The seat was named after the suburb of Port Adelaide, the working port of Adelaide. Before 1949, most of the seat had been part of Hindmarsh, which moved south as a result of Port Adelaide's creation. The seat was proclaimed at the redistribution of 11 May 1949, and was first contested at the 1949 federal election. The newly created Port Adelaide division included Albert Park, Port Adelaide, Semaphore and Woodville subdivisions, and Kilburn which was part of the Prospect sub-division (west of Lower North road) from the old division of Adelaide.

For most of its history, it has been a comfortably safe Labor seat. The closest Labor has ever come to losing it was at the 1988 by-election, where Labor candidate Rod Sawford won on a 5.2 percent two-party margin. The two-party margin currently stands, after the 2016 vote, at 20.72 percent, making it the safest Labor seat in the state and one of the safest Labor seats in the nation. Port Adelaide remains the only electorate in South Australia to have voted Labor at every federal election in its existence.

The seat was pushed slightly northward in 2004 with the abolition of the other safe Labor seat in northern Adelaide, Bonython. A few southern portions of Bonython transferred to Port Adelaide, however the majority of Bonython was transferred to Wakefield which contributed to Wakefield's change from a rural safe Liberal seat to a hybrid urban-rural notional marginal Labor seat.

A notable curiosity in recent years was that in the 1998 and 2001 federal elections, the seat was the only one in Australia where a Communist Party candidate, Michael Perth, stood for election. This was the only occasion when the Liberal Party did not preference the One Nation Party last. He achieved about one percent of the vote on each occasion.

Sawford retired at the 2007 election, which saw South Australian Labor's historically safe seat easily won by the newly endorsed Labor candidate, unionist and former head of the Left state Labor faction Mark Butler.

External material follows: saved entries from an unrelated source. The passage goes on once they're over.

-- ===== src/Validate/Cases.antt =====
-- The cases of the switches of `is_job_invalid`: none reads a table out of its bounds or through a null
-- pointer, and each sets a job's error number.
use intel_ipsec_mb.Base.{ℕ, ◌<◌, ◌≡◌, ◌⊎◌, Bool, ap, arith}
use intel_ipsec_mb.Job.{Job, HashAlg, hash_code}
use intel_ipsec_mb.Errno
use intel_ipsec_mb.Validate.Outcome.{Check, ok, rejected, fault}
use intel_ipsec_mb.Validate.Aes.{
  check_cbc, check_ecb, check_cntr, check_docsis, check_gcm, check_ccm, check_pon, check_pon_cipher,
}
use intel_ipsec_mb.Validate.NonAes.{
  check_custom, check_des, check_docsis_des, check_des3, check_des3_keys, check_zuc_eea3,
  check_snow3g_uea2, check_kasumi_uea1, check_chacha20, check_chacha20_poly1305,
}
use intel_ipsec_mb.Validate.Hash.{
  check_hmac, check_xcbc, check_gcm_tag, check_gmac, check_custom_hash, check_ccm_tag, check_cmac,
  check_sha, check_pon_tag, check_zuc_eia3, check_docsis_crc32, check_docsis_lens,
  check_snow3g_uia2, check_kasumi_uia1, check_poly1305, check_chacha20_poly1305_tag, check_tag_len,
  check_fips, check_ipsec_len,
}

-- An error number of the library, but that of a NULL manager, or one of the two of errno.h.
abbrev pub IsJobError : ℕ → Type 0
IsJobError e =
    ((Errno.err_null_mbmgr < e) × (e < Errno.err_max)) ⊎ (e ≡ Errno.efault) ⊎ (e ≡ Errno.einval)

-- The outcome is no fault, and an error number is a job's.
abbrev pub IsSafe : Check → Type 0
IsSafe (ok _) = Unit
IsSafe (rejected e) = IsJobError e
IsSafe fault = ⊥

pub ecb-IsSafe : (job : Job) → IsSafe (check_ecb job)
unfolding check_ecb
ecb-IsSafe job = ground arith

pub cntr-IsSafe : (job : Job) → IsSafe (check_cntr job)
unfolding check_cntr
cntr-IsSafe job = ground arith

pub docsis-IsSafe : (job : Job) → IsSafe (check_docsis job)
unfolding check_docsis
docsis-IsSafe job = ground arith

pub gcm-IsSafe : (job : Job) → IsSafe (check_gcm job)
unfolding check_gcm
gcm-IsSafe job = ground arith

pub ccm-IsSafe : (job : Job) → IsSafe (check_ccm job)
unfolding check_ccm
ccm-IsSafe job = ground arith

pub pon-IsSafe : (job : Job) → IsSafe (check_pon job)
unfolding check_pon check_pon_cipher
pon-IsSafe job = ground arith

pub custom-IsSafe : (job : Job) → IsSafe (check_custom job)
unfolding check_custom
custom-IsSafe job = ground arith

pub des-IsSafe : (job : Job) → IsSafe (check_des job)
unfolding check_des
des-IsSafe job = ground arith

pub docsis_des-IsSafe : (job : Job) → IsSafe (check_docsis_des job)
unfolding check_docsis_des
docsis_des-IsSafe job = ground arith

pub zuc_eea3-IsSafe : (job : Job) → IsSafe (check_zuc_eea3 job)
unfolding check_zuc_eea3
zuc_eea3-IsSafe job = ground arith

pub snow3g_uea2-IsSafe : (job : Job) → IsSafe (check_snow3g_uea2 job)
unfolding check_snow3g_uea2
snow3g_uea2-IsSafe job = ground arith

pub kasumi_uea1-IsSafe : (job : Job) → IsSafe (check_kasumi_uea1 job)
unfolding check_kasumi_uea1
kasumi_uea1-IsSafe job = ground arith

pub chacha20-IsSafe : (job : Job) → IsSafe (check_chacha20 job)
unfolding check_chacha20
chacha20-IsSafe job = ground arith

pub chacha20_poly1305-IsSafe : (job : Job) → IsSafe (check_chacha20_poly1305 job)
unfolding check_chacha20_poly1305
chacha20_poly1305-IsSafe job = ground arith

pub gcm_tag-IsSafe : (job : Job) → IsSafe (check_gcm_tag job)
unfolding check_gcm_tag
gcm_tag-IsSafe job = ground arith

pub gmac-IsSafe : (job : Job) → IsSafe (check_gmac job)
unfolding check_gmac
gmac-IsSafe job = ground arith

pub custom_hash-IsSafe : (job : Job) → IsSafe (check_custom_hash job)
unfolding check_custom_hash
custom_hash-IsSafe job = ground arith

pub ccm_tag-IsSafe : (job : Job) → IsSafe (check_ccm_tag job)
unfolding check_ccm_tag
ccm_tag-IsSafe job = ground arith

pub cmac-IsSafe : (job : Job) → IsSafe (check_cmac job)
unfolding check_cmac
cmac-IsSafe job = ground arith

pub zuc_eia3-IsSafe : (job : Job) → IsSafe (check_zuc_eia3 job)
unfolding check_zuc_eia3
zuc_eia3-IsSafe job = ground arith

pub snow3g_uia2-IsSafe : (job : Job) → IsSafe (check_snow3g_uia2 job)
unfolding check_snow3g_uia2
snow3g_uia2-IsSafe job = ground arith

pub kasumi_uia1-IsSafe : (job : Job) → IsSafe (check_kasumi_uia1 job)
unfolding check_kasumi_uia1
kasumi_uia1-IsSafe job = ground arith

pub poly1305-IsSafe : (job : Job) → IsSafe (check_poly1305 job)
unfolding check_poly1305
poly1305-IsSafe job = ground arith

pub chacha20_poly1305_tag-IsSafe : (job : Job) → IsSafe (check_chacha20_poly1305_tag job)
unfolding check_chacha20_poly1305_tag
chacha20_poly1305_tag-IsSafe job = ground arith

pub cbc-IsSafe : (is_cbcs : Bool) (job : Job) → IsSafe (check_cbc is_cbcs job)
unfolding check_cbc
cbc-IsSafe is_cbcs job = ground arith

pub des3-IsSafe : (load : ℕ → ℕ) (job : Job) → IsSafe (check_des3 load job)
unfolding check_des3 check_des3_keys
des3-IsSafe load job = ground arith

pub hmac_sha_1-IsSafe : (job : Job) → job.hash_alg ≡ HashAlg.hmac_sha_1 → IsSafe (check_hmac job)
unfolding check_hmac check_tag_len check_fips
hmac_sha_1-IsSafe job e = ground (arith, ap hash_code e)

pub hmac_sha_224-IsSafe :
    (job : Job) → job.hash_alg ≡ HashAlg.hmac_sha_224 → IsSafe (check_hmac job)
unfolding check_hmac check_tag_len check_fips
hmac_sha_224-IsSafe job e = ground (arith, ap hash_code e)

pub hmac_sha_256-IsSafe :
    (job : Job) → job.hash_alg ≡ HashAlg.hmac_sha_256 → IsSafe (check_hmac job)
unfolding check_hmac check_tag_len check_fips
hmac_sha_256-IsSafe job e = ground (arith, ap hash_code e)

pub hmac_sha_384-IsSafe :
    (job : Job) → job.hash_alg ≡ HashAlg.hmac_sha_384 → IsSafe (check_hmac job)
unfolding check_hmac check_tag_len check_fips
hmac_sha_384-IsSafe job e = ground (arith, ap hash_code e)

pub hmac_sha_512-IsSafe :
    (job : Job) → job.hash_alg ≡ HashAlg.hmac_sha_512 → IsSafe (check_hmac job)
unfolding check_hmac check_tag_len check_fips
hmac_sha_512-IsSafe job e = ground (arith, ap hash_code e)

pub md5-IsSafe : (job : Job) → job.hash_alg ≡ HashAlg.md5 → IsSafe (check_hmac job)
unfolding check_hmac check_tag_len check_fips
md5-IsSafe job e = ground (arith, ap hash_code e)

pub aes_xcbc-IsSafe : (job : Job) → job.hash_alg ≡ HashAlg.aes_xcbc → IsSafe (check_xcbc job)
unfolding check_xcbc check_tag_len check_fips
aes_xcbc-IsSafe job e = ground (arith, ap hash_code e)

pub sha_1-IsSafe : (job : Job) → job.hash_alg ≡ HashAlg.sha_1 → IsSafe (check_sha job)
unfolding check_sha check_ipsec_len
sha_1-IsSafe job e = ground (arith, ap hash_code e)

pub sha_224-IsSafe : (job : Job) → job.hash_alg ≡ HashAlg.sha_224 → IsSafe (check_sha job)
unfolding check_sha check_ipsec_len
sha_224-IsSafe job e = ground (arith, ap hash_code e)

pub sha_256-IsSafe : (job : Job) → job.hash_alg ≡ HashAlg.sha_256 → IsSafe (check_sha job)
unfolding check_sha check_ipsec_len
sha_256-IsSafe job e = ground (arith, ap hash_code e)

pub sha_384-IsSafe : (job : Job) → job.hash_alg ≡ HashAlg.sha_384 → IsSafe (check_sha job)
unfolding check_sha check_ipsec_len
sha_384-IsSafe job e = ground (arith, ap hash_code e)

pub sha_512-IsSafe : (job : Job) → job.hash_alg ≡ HashAlg.sha_512 → IsSafe (check_sha job)
unfolding check_sha check_ipsec_len
sha_512-IsSafe job e = ground (arith, ap hash_code e)

pub pon_crc_bip-IsSafe :
    (job : Job) → job.hash_alg ≡ HashAlg.pon_crc_bip → IsSafe (check_pon_tag job)
unfolding check_pon_tag check_ipsec_len
pon_crc_bip-IsSafe job e = ground (arith, ap hash_code e)

pub docsis_crc32-IsSafe :
    (job : Job) → job.hash_alg ≡ HashAlg.docsis_crc32 → IsSafe (check_docsis_crc32 job)
unfolding check_docsis_crc32 check_docsis_lens check_ipsec_len
docsis_crc32-IsSafe job e = ground (arith, ap hash_code e)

At the 2016 election, as a result of the emergence of the Nick Xenophon Team, Butler became the first Labor candidate in 20 years, and only the second ever, to come up short of a majority on the primary vote. He easily won after preferences, with NXT pushing the Liberals into third place. While Port Adelaide remains the safest Labor seat in South Australia on two-party terms, Butler's primary vote was actually one percent lower than that of Amanda Rishworth in Kingston. Despite also falling short of a majority on the primary vote, Rishworth received the highest primary vote of South Australia's 11 seats, but remained the second safest Labor seat in South Australia on two-party terms. The presence of NXT candidates in all eleven state seats resulted in a suppressed major party primary vote.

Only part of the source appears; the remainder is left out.